The task: Pick every line from the data that holds the word "unfolding".

Records from a dataset
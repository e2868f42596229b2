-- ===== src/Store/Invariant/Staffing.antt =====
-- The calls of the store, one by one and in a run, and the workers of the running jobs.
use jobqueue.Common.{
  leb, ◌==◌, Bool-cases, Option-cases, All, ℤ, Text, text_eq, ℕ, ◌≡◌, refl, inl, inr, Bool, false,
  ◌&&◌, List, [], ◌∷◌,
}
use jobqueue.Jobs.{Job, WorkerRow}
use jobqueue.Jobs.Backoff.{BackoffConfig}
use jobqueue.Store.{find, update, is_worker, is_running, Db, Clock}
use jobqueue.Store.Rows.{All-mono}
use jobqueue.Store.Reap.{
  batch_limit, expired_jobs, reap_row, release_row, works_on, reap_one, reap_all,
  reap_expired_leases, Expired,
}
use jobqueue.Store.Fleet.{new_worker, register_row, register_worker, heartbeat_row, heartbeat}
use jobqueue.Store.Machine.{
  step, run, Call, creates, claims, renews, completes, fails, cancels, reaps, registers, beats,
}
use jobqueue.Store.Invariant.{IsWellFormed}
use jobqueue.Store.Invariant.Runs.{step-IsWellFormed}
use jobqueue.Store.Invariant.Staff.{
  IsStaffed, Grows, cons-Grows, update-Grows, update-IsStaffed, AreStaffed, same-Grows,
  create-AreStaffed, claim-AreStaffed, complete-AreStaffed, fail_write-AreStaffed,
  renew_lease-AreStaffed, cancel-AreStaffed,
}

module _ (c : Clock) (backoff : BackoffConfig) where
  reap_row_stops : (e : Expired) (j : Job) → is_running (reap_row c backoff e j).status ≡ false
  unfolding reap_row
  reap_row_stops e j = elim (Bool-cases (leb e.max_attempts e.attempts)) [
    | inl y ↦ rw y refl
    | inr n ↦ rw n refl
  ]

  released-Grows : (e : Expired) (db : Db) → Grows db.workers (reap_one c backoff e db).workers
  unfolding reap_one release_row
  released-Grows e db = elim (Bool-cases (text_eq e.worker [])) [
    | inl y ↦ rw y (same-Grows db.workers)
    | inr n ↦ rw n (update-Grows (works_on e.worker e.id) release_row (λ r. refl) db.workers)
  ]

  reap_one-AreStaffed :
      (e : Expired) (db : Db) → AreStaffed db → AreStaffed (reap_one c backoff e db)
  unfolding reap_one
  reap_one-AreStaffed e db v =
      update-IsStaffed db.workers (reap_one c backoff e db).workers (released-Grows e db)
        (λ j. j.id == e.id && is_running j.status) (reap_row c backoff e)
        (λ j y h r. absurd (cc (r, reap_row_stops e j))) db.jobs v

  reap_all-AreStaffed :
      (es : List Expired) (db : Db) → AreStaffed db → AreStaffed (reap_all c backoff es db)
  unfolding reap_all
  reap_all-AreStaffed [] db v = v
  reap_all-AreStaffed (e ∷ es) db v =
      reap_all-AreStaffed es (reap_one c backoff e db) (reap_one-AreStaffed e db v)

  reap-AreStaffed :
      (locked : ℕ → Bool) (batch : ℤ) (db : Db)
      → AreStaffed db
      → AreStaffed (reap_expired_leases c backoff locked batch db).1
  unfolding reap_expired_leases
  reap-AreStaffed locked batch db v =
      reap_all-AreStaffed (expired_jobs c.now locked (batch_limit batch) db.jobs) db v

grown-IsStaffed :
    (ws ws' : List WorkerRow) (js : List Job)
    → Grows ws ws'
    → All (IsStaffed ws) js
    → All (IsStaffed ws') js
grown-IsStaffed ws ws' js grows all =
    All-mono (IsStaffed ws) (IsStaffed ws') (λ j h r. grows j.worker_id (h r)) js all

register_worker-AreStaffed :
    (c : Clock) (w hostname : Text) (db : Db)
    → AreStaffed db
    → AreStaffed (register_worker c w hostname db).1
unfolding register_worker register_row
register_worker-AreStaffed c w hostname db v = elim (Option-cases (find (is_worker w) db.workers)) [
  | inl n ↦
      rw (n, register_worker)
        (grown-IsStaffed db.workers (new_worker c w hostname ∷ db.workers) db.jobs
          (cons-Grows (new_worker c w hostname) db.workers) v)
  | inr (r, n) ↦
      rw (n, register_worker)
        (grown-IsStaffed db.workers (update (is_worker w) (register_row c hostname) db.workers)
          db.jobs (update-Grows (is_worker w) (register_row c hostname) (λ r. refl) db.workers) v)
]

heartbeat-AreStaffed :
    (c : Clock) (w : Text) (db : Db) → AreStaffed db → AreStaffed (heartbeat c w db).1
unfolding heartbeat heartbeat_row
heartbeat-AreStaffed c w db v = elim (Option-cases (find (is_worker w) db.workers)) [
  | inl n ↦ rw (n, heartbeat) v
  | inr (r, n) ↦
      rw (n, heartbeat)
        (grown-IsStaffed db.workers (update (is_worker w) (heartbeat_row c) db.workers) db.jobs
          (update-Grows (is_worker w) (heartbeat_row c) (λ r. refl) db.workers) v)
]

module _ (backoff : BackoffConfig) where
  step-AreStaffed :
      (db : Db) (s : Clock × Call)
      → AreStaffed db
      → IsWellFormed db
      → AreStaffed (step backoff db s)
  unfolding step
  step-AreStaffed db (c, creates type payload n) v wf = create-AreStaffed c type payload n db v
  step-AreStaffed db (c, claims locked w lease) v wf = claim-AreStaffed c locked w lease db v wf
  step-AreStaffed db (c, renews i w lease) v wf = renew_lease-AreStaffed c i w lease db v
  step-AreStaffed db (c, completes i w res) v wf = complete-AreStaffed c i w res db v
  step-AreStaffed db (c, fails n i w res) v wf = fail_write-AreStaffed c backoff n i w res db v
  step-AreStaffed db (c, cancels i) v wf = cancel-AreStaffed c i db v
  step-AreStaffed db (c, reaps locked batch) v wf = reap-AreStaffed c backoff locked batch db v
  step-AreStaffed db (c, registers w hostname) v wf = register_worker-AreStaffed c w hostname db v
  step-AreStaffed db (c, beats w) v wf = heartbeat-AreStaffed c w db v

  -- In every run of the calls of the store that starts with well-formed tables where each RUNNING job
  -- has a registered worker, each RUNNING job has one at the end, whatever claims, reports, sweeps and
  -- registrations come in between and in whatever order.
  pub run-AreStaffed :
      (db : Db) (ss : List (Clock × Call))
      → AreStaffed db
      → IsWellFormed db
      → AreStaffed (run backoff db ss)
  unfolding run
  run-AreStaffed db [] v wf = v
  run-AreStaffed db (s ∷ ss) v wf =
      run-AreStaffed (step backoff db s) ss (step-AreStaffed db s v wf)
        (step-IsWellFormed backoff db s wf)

Solution below:
  unfolding reap_row
  unfolding reap_one release_row
  unfolding reap_one
  unfolding reap_all
  unfolding reap_expired_leases
unfolding register_worker register_row
unfolding heartbeat heartbeat_row
  unfolding step
  unfolding run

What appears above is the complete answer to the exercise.